## Work instruction
Within the entries below, find the portion that opens with the line containing "-- wait, back" and closes with the line containing "pub queue : List Work". Retype that portion exactly and only.

## Available data
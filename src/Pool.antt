-- ===== src/Pool.antt =====
-- ownRedisUsingCpp/thread_pool.h and thread_pool.cpp: the queue of jobs, its mutex and its condition
-- variable, with the threads that run worker and one thread that calls thread_pool_queue. A step is
-- what a thread does between two points at which others can interfere; of the mutex and the condition
-- variable it takes what pthreads documents: a lock is granted when the mutex is free,
-- pthread_cond_wait releases the mutex and takes it again after it woke, pthread_cond_signal wakes a
-- waiting thread if there is one, and a waiting thread may wake without a signal. The creation of
-- mutex, condition variable and threads succeeds.
pub mod Lock
pub mod Front
pub mod Order
pub mod Progress
mod Tests
use cand_cppwith_linux.Base.{
  ℕ, ◌<◌, ◌≡◌, Bool, true, false, Option, none, some, List, [], ◌∷◌, ◌++◌, Run, ok, check, ◌>>◌,
  ltb, ◌==◌, if◌then◌else◌,
}
use cand_cppwith_linux.Memory.{Ptr}

-- a function and its argument
pub record Work : Type 0 where
  pub f : Ptr
  pub arg : Ptr

-- where a thread in worker is: before the lock, at the test of the queue, behind front(), in the
-- wait, back in it for the mutex, with a job before the unlock, and in the job
pub data Worker : Type 0 where
  locking : Worker
  testing : Worker
  fronted : Work → Worker
  waiting : Worker
  woken : Worker
  holding : Work → Worker
  running : Work → Worker

-- where the caller of thread_pool_queue is: in no call, before the lock, before the push, before the
-- signal, and before the unlock
pub data Producer : Type 0 where
  outside : Producer
  asking : Work → Producer
  pushing : Work → Producer
  signalling : Producer
  leaving : Producer

pub data Owner : Type 0 where
  nobody : Owner
  producer : Owner
  worker : ℕ → Owner

pub record ThreadPool : Type 0 where
  pub threads : ℕ
  pub workers : ℕ → Worker
  pub caller : Producer
  pub queue : List Work
  pub mu : Owner

-- what a step does for the jobs
pub data Event : Type 0 where
  called : Work → Event
  pushed : Work → Event
  took : Work → Event
  ran : Work → Event
  woke : Event
  other : Event

unfoldable pub set_worker : (ℕ → Worker) → ℕ → Worker → ℕ → Worker
set_worker workers i w j = if j == i then w else workers j

abbrev pub new_pool : ℕ → ThreadPool
new_pool num_threads = record {
  threads = num_threads;
  workers = λ _. locking;
  caller = outside;
  queue = [];
  mu = nobody;
}

unfoldable pub thread_pool_init : ℕ → Run ThreadPool
thread_pool_init num_threads = check (ltb 0 num_threads) >> ok (new_pool num_threads)

-- thread `i` of worker, to the state `w`
abbrev pub moved : ThreadPool → ℕ → Worker → ThreadPool
moved tp i w = record tp { workers = set_worker tp.workers i w }

-- a step of a thread in worker
pub data WorkerStep (tp : ThreadPool) (i : ℕ) : Event → ThreadPool → Type 0 where
  lock :
      tp.workers i ≡ locking
      → tp.mu ≡ nobody
      → WorkerStep tp i other (record (moved tp i testing) { mu = worker i })
  wait :
      tp.workers i ≡ testing
      → tp.queue ≡ []
      → WorkerStep tp i other (record (moved tp i waiting) { mu = nobody })
  spurious : tp.workers i ≡ waiting → WorkerStep tp i woke (moved tp i woken)
  relock :
      tp.workers i ≡ woken
      → tp.mu ≡ nobody
      → WorkerStep tp i other (record (moved tp i testing) { mu = worker i })
  front :
      (w : Work) (rest : List Work)
      → tp.workers i ≡ testing
      → tp.queue ≡ w ∷ rest
      → WorkerStep tp i other (moved tp i (fronted w))
  pop_front :
      (w head : Work) (rest : List Work)
      → tp.workers i ≡ fronted w
      → tp.queue ≡ head ∷ rest
      → WorkerStep tp i (took w) (record (moved tp i (holding w)) { queue = rest })
  unlock :
      (w : Work)
      → tp.workers i ≡ holding w
      → WorkerStep tp i other (record (moved tp i (running w)) { mu = nobody })
  run : (w : Work) → tp.workers i ≡ running w → WorkerStep tp i (ran w) (moved tp i locking)

abbrev pub is_waiting : Worker → Bool
is_waiting waiting = true
is_waiting _ = false

-- a step of thread_pool_queue
pub data QueueStep (tp : ThreadPool) : Event → ThreadPool → Type 0 where
  call :
      (w : Work) → tp.caller ≡ outside → QueueStep tp (called w) (record tp { caller = asking w })
  enter :
      (w : Work)
      → tp.caller ≡ asking w
      → tp.mu ≡ nobody
      → QueueStep tp other (record tp { caller = pushing w; mu = producer })
  push :
      (w : Work)
      → tp.caller ≡ pushing w
      → QueueStep tp (pushed w) (record tp { caller = signalling; queue = tp.queue ++ (w ∷ []) })
  signal :
      (i : ℕ)
      → tp.caller ≡ signalling
      → i < tp.threads
      → tp.workers i ≡ waiting
      → QueueStep tp other (record (moved tp i woken) { caller = leaving })
  signal_none :
      tp.caller ≡ signalling
      → ((i : ℕ) → i < tp.threads → is_waiting (tp.workers i) ≡ false)
      → QueueStep tp other (record tp { caller = leaving })
  leave : tp.caller ≡ leaving → QueueStep tp other (record tp { caller = outside; mu = nobody })

pub data Step (tp : ThreadPool) (e : Event) (tp' : ThreadPool) : Type 0 where
  of_worker : (i : ℕ) → i < tp.threads → WorkerStep tp i e tp' → Step tp e tp'
  of_queue : QueueStep tp e tp' → Step tp e tp'

pub data Steps (tp : ThreadPool) : List Event → ThreadPool → Type 0 where
  start : Steps tp [] tp
  after :
      {es : List Event} {tp' tp'' : ThreadPool} (e : Event)
      → Steps tp es tp'
      → Step tp' e tp''
      → Steps tp (es ++ (e ∷ [])) tp''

## Output below
-- wait, back in it for the mutex, with a job before the unlock, and in the job
pub data Worker : Type 0 where
  locking : Worker
  testing : Worker
  fronted : Work → Worker
  waiting : Worker
  woken : Worker
  holding : Work → Worker
  running : Work → Worker

-- where the caller of thread_pool_queue is: in no call, before the lock, before the push, before the
-- signal, and before the unlock
pub data Producer : Type 0 where
  outside : Producer
  asking : Work → Producer
  pushing : Work → Producer
  signalling : Producer
  leaving : Producer

pub data Owner : Type 0 where
  nobody : Owner
  producer : Owner
  worker : ℕ → Owner

pub record ThreadPool : Type 0 where
  pub threads : ℕ
  pub workers : ℕ → Worker
  pub caller : Producer
  pub queue : List Work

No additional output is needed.